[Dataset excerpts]
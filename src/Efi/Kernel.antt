-- ===== src/Efi/Kernel.antt =====
-- load_kernel of boot/efi/loader.c: which part of the memory it writes, and what is there afterwards.
use mantle_os.Base.{
  ℕ, zero, suc, Bool, ◌+◌, ◌*◌, ◌≤◌, ◌<◌, ◌≡◌, refl, inl, inr, true, false, if◌then◌else◌, Option,
  none, some, arith, Bool-cases, add64, u64_mod, u32_mod, subst, ◌∙◌, ltb-false, lt→ltb, dec_lt,
}
use mantle_os.Memory.{Run, done, fault, Returns, Returns-bind, Region, ◌>>=◌, le16, le32, le64}
use mantle_os.Boot.Reads.{IsBytes}
use mantle_os.Efi.{
  Elf64Header, Elf64Program, Machine, AllocateAddress, read_elf64_header, read_elf64_program,
  kernel_rejected, load_segment, load_segments, and_next, load_kernel,
}
use mantle_os.Efi.Segments.{
  IsAllocator, Held, Grown, Grown-refl, StepOutcome, load_segment-StepOutcome,
}

abbrev pub header_of : Region → Elf64Header
header_of image = record {
  ident = image.byte;
  machine = le16 image.byte 18;
  entry = le64 image.byte 24;
  phoff = le64 image.byte 32;
  phentsize = le16 image.byte 54;
  phnum = le16 image.byte 56;
}

abbrev pub program_of : Region → ℕ → Elf64Program
program_of image at = record {
  type = le32 image.byte at;
  offset = le64 image.byte (at + 8);
  paddr = le64 image.byte (at + 24);
  filesz = le64 image.byte (at + 32);
  memsz = le64 image.byte (at + 40);
}

-- The program header with the number `k` of the image.
abbrev pub program_at : Region → ℕ → Elf64Program
program_at image k = program_of image (le64 image.byte 32 + k * 56)

read_elf64_header_lem :
    (image : Region) → 64 ≤ image.size → read_elf64_header image ≡ done (header_of image)
unfolding read_elf64_header
read_elf64_header_lem image h = ground arith

read_elf64_program_lem :
    (image : Region) (at : ℕ)
    → at + 56 ≤ image.size
    → read_elf64_program image at ≡ done (program_of image at)
unfolding read_elf64_program
read_elf64_program_lem image at h = ground arith

le32-lt : (f : ℕ → ℕ) (a : ℕ) → ((i : ℕ) → f i < 256) → le32 f a < u32_mod
le32-lt f a bytes = omega (arith, bytes a, bytes (a + 1), bytes (a + 2), bytes (a + 2 + 1))

le64-lt : (f : ℕ → ℕ) (a : ℕ) → ((i : ℕ) → f i < 256) → le64 f a < u64_mod
le64-lt f a bytes = omega (arith, le32-lt f a bytes, le32-lt f (a + 4) bytes)

-- What the tests of the header ensure.
kernel_accepted :
    (header : Elf64Header) (size : ℕ)
    → kernel_rejected header size ≡ false
    → header.phoff < u64_mod
    → size < 0x8000_0000_0000_0000
    → (header.phentsize ≡ 56) × (header.phoff + header.phnum * 56 ≤ size)
unfolding kernel_rejected
kernel_accepted header size e offset small = ground arith

Grown-then : (a b c : Machine) → Grown a b → Grown b c → Grown a c
Grown-then a b c first second = record {
  size = second.size ∙ first.size;
  kept = λ j out. second.kept j out ∙ first.kept j (second.others j out);
  others = λ j out. first.others j (second.others j out);
  bytes = λ b. second.bytes (first.bytes b);
  held = λ image program h. second.held image program (first.held image program h);
}

-- The segments to load among the first `count` program headers are in memory.
abbrev pub Loaded : Region → ℕ → Machine → Type 0
Loaded image count m =
    (k : ℕ)
    → k < count
    → le32 image.byte (le64 image.byte 32 + k * 56) ≡ 1
    → Held image (program_at image k) m

abbrev LoopOutcome : Region → ℕ → Machine → Machine × Bool → Type 0
LoopOutcome image count m (m', false) = Grown m m'
LoopOutcome image count m (m', true) = Grown m m' × Loaded image count m'

Loaded-suc :
    (image : Region) (index : ℕ) (m m' : Machine)
    → Loaded image index m
    → Grown m m'
    → (le32 image.byte (le64 image.byte 32 + index * 56) ≡ 1
        → Held image (program_at image index) m')
    → Loaded image (index + 1) m'
Loaded-suc image index m m' before grown new k below type = elim (dec_lt k index) [
  | yes old ↦ grown.held image (program_at image k) (before k old type)
  | no last ↦ let same : index ≡ k = omega arith in rw (← same) (new (rw same type))
]

module _ (allocate : AllocateAddress) (image : Region) (small : image.size < 0x8000_0000_0000_0000)
    (bytes : IsBytes image) (fits : le64 image.byte 32 + le16 image.byte 56 * 56 ≤ image.size)
    (entry_size : le16 image.byte 54 ≡ 56) where
  chain :
      (m m' : Machine) (r : Run (Machine × Bool))
      → Grown m m'
      → Returns r (LoopOutcome image (le16 image.byte 56) m')
      → Returns r (LoopOutcome image (le16 image.byte 56) m)
  chain m m' (done (m'', true)) grown (more, loaded) = (Grown-then m m' m'' grown more, loaded)
  chain m m' (done (m'', false)) grown more = Grown-then m m' m'' grown more
  chain m m' fault grown out = out

  -- After one header: what the rest of the loop does.
  next_header :
      (m : Machine) (index left : ℕ)
      → ((m' : Machine)
          → Grown m m'
          → (le32 image.byte (le64 image.byte 32 + index * 56) ≡ 1
              → Held image (program_at image index) m')
          → Returns
              (load_segments allocate image (header_of image) left (index + 1) m')
              (LoopOutcome image (le16 image.byte 56) m'))
      → (r : Machine × Bool) → StepOutcome image (program_at image index) m r
      → Returns
          (and_next r (load_segments allocate image (header_of image) left (index + 1)))
          (LoopOutcome image (le16 image.byte 56) m)
  next_header m index left rest (m', false) grown = grown
  next_header m index left rest (m', true) (grown, held) =
      chain m m' (load_segments allocate image (header_of image) left (index + 1) m') grown
        (rest m' grown held)

  load_segments-LoopOutcome :
      (left index : ℕ) (m : Machine)
      → index + left ≡ le16 image.byte 56
      → m.ram.size ≤ 0x10_0000_0000_0000
      → IsAllocator allocate m.ram.size
      → Loaded image index m
      → Returns
          (load_segments allocate image (header_of image) left index m)
          (LoopOutcome image (le16 image.byte 56) m)
  unfolding load_segments
  load_segments-LoopOutcome zero index m sum ram sound before =
      let all : index ≡ le16 image.byte 56 = omega arith in
      (Grown-refl m, subst (λ n. Loaded image n m) all before)
  load_segments-LoopOutcome (suc left) index m sum ram sound before =
      let at = le64 image.byte 32 + index * 56 in
      let inside : at + 56 ≤ image.size = omega arith in
      let offset : add64 (le64 image.byte 32) (index * le16 image.byte 54) ≡ at =
        rw entry_size (omega arith) in
      rw (offset, read_elf64_program_lem image at inside)
        (Returns-bind (load_segment allocate image (program_at image index) m) _
          (StepOutcome image (program_at image index) m) (LoopOutcome image (le16 image.byte 56) m)
          (load_segment-StepOutcome allocate image small bytes (program_at image index) m
            (le64-lt image.byte (at + 32) bytes) (le64-lt image.byte (at + 40) bytes) ram sound)
          (next_header m index left (λ m' grown held.
            load_segments-LoopOutcome left (index + 1) m' (omega arith) (rw grown.size ram)
              (rw grown.size sound) (Loaded-suc image index m m' before grown held))))

-- How the load of the kernel ends: with its entry point and every segment in memory, or with an
-- error; in both cases only pages that the loader was given have changed.
abbrev pub KernelOutcome : Region → Machine → Machine × Option ℕ → Type 0
KernelOutcome image m (m', none) = Grown m m'
KernelOutcome image m (m', some entry) =
    Grown m m' × (entry ≡ le64 image.byte 24) × Loaded image (le16 image.byte 56) m'

finished :
    (image : Region) (m : Machine) (entry : ℕ) (r : Run (Machine × Bool))
    → entry ≡ le64 image.byte 24
    → Returns r (LoopOutcome image (le16 image.byte 56) m)
    → Returns
        (r >>= λ (m', loaded). done (m', if loaded then some entry else none))
        (KernelOutcome image m)
finished image m entry (done (m', true)) e (grown, loaded) = (grown, e, loaded)
finished image m entry (done (m', false)) e grown = grown
finished image m entry fault e out = out

-- With an image of less than 2 ^ 63 bytes, a memory of at most 2 ^ 52 bytes, and a firmware that hands
-- out only pages that exist, at least one at a time and none twice: The load of the kernel ends,
-- and reads nothing outside the image and writes nothing outside the pages that it was given, also
-- where the additions of its tests wrap. If it returns an entry point, it is that of the header, and every
-- segment to load lies at its physical address, with its bytes from the file and zeros behind them.
pub load_kernel-KernelOutcome :
    (allocate : AllocateAddress) (image : Region) (m : Machine)
    → IsBytes image
    → image.size < 0x8000_0000_0000_0000
    → m.ram.size ≤ 0x10_0000_0000_0000
    → IsAllocator allocate m.ram.size
    → Returns (load_kernel allocate image m) (KernelOutcome image m)
unfolding load_kernel
load_kernel-KernelOutcome allocate image m bytes small ram sound = elim (dec_lt image.size 64) [
  | yes short ↦ rw (lt→ltb image.size 64 short) (Grown-refl m)
  | no long ↦
      rw (ltb-false image.size 64 (omega arith), read_elf64_header_lem image (omega arith))
        (elim (Bool-cases (kernel_rejected (header_of image) image.size)) [
          | inl bad ↦ rw bad (Grown-refl m)
          | inr good ↦
              let parts =
                kernel_accepted (header_of image) image.size good (le64-lt image.byte 32 bytes)
                  small in
              rw good (
                finished image m (le64 image.byte 24) _ refl (
                  load_segments-LoopOutcome allocate image small bytes parts.1 parts.0
                    (le16 image.byte 56) 0 m (omega arith) ram sound
                    (λ k none_yet. elim none_yet [ ])))
        ])
]
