-- ===== src/Efi/Released.antt =====
-- What read_file of boot/efi/loader.c holds when it returns.
use mantle_os.Base.{◌≡◌, ◌⊎◌, true, false, none, some, arith}
use mantle_os.Memory.{Returns}
use mantle_os.Efi.Files.{StatusCodes, FileAnswers, ReadEnd, nothing_held, read_file}

-- Success: the whole file is in the buffer. Failure: there is no buffer, and none is held.
abbrev pub ReadOutcome : StatusCodes → FileAnswers → ReadEnd → Type 0
ReadOutcome u a r =
    (r.held.file_open ≡ false)
    × (r.held.info_held ≡ false)
    × (((r.status ≡ u.efi_success)
          × (r.buffer ≡ some (record { byte = a.contents; size = a.file_size }))
          × (a.read_size ≡ a.file_size)
          × (r.held.buffer_held ≡ true))
        ⊎ ((u.is_error r.status ≡ true) × (r.buffer ≡ none) × (r.held.buffer_held ≡ false)))

-- If the first request for the file's information, which has no buffer, is answered by an error:
-- On every path, read_file closes the file if it has opened it and frees the information if it has
-- allocated it, and never what it does not hold. It reports success exactly if it hands out a buffer, which then holds all of
-- the file; with an error it holds nothing.
pub read_file-ReadOutcome :
    (u : StatusCodes) (a : FileAnswers)
    → u.is_error a.size_status ≡ true
    → Returns (read_file u a nothing_held) (ReadOutcome u a)
unfolding read_file
read_file-ReadOutcome u a too_small = ground (arith, u.load_error_lem, u.success_lem)
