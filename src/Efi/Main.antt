-- ===== src/Efi/Main.antt =====
-- efi_main of boot/efi/loader.c.
use mantle_os.Base.{ℕ, not, Option, none, some, ltb, ◌==◌, if◌then◌else◌}
use mantle_os.Memory.{Run, done, fault, ◌>>=◌, Region}
use mantle_os.Efi.{Machine, AllocateAddress, load_kernel}
use mantle_os.Efi.Info.{GraphicsMode, build_info}
use mantle_os.Efi.Files.{
  StatusCodes, RootAnswers, FileAnswers, ReadEnd, nothing_held, open_root, read_file,
}

-- What the firmware answers in one run of the loader: the volume, the two files, the pages, the
-- graphics output, the two calls of GetMemoryMap around that of AllocatePool, and ExitBootServices.
pub record Firmware : Type 0 where
  pub root : RootAnswers
  pub kernel : FileAnswers
  pub rootfs : FileAnswers
  pub allocate : AllocateAddress
  pub info_page : Option (ℕ × Region)
  pub graphics : Option GraphicsMode
  pub map_size_status : ℕ
  pub map_pool : ℕ
  pub map_status : ℕ
  pub exit_status : ℕ

-- efi_main returns a status to the firmware, or jumps to the kernel: with the entry point, the
-- address and the page of the boot information, and the memory.
pub data EfiEnd : Type 0 where
  returned : ℕ → EfiEnd
  jumped : ℕ → ℕ → Region → Machine → EfiEnd

-- From the memory map to the jump.
unfoldable pub leave_firmware : StatusCodes → Firmware → ℕ → Machine → Option (ℕ × Region) → EfiEnd
leave_firmware u fw entry m none = returned u.efi_out_of_resources
leave_firmware u fw entry m (some (address, page)) =
    if not (fw.map_size_status == u.efi_buffer_too_small)
    then returned fw.map_size_status
    else if u.is_error fw.map_pool
    then returned fw.map_pool
    else if u.is_error fw.map_status
    then returned fw.map_status
    else if u.is_error fw.exit_status
    then returned fw.exit_status
    else jumped entry address page m

-- From the boot information on, if the kernel was loaded.
unfoldable pub after_kernel : StatusCodes → Firmware → Machine × Option ℕ → Run EfiEnd
after_kernel u fw (m, none) = done (returned u.efi_load_error)
after_kernel u fw (m, some entry) =
    build_info fw.info_page fw.graphics fw.rootfs.address fw.rootfs.file_size >>= λ info.
    done (leave_firmware u fw entry m info)

-- A null pointer with a status of success is read by load_kernel.
unfoldable pub start_kernel : StatusCodes → Firmware → Machine → Option Region → Run EfiEnd
start_kernel u fw m none = fault
start_kernel u fw m (some kernel) = load_kernel fw.allocate kernel m >>= after_kernel u fw

unfoldable pub after_files : StatusCodes → Firmware → Machine → ReadEnd → ReadEnd → Run EfiEnd
after_files u fw m kernel rootfs =
    if u.is_error rootfs.status
    then done (returned rootfs.status)
    else if ltb 0xffff_ffff fw.rootfs.file_size
    then done (returned u.efi_load_error)
    else start_kernel u fw m kernel.buffer

unfoldable pub efi_main : StatusCodes → Firmware → Machine → Run EfiEnd
efi_main u fw m =
    if u.is_error (open_root u fw.root) then done (returned (open_root u fw.root)) else do
      kernel ← read_file u fw.kernel nothing_held
      if u.is_error kernel.status
          then done (returned kernel.status)
          else (read_file u fw.rootfs nothing_held >>= after_files u fw m kernel)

The problem
Out of the records above, pull each line containing the word "pages".

Response below
-- error; in both cases only pages that the loader was given have changed.
-- out only pages that exist, at least one at a time and none twice: The load of the kernel ends,
-- and reads nothing outside the image and writes nothing outside the pages that it was given, also
-- What the firmware answers in one run of the loader: the volume, the two files, the pages, the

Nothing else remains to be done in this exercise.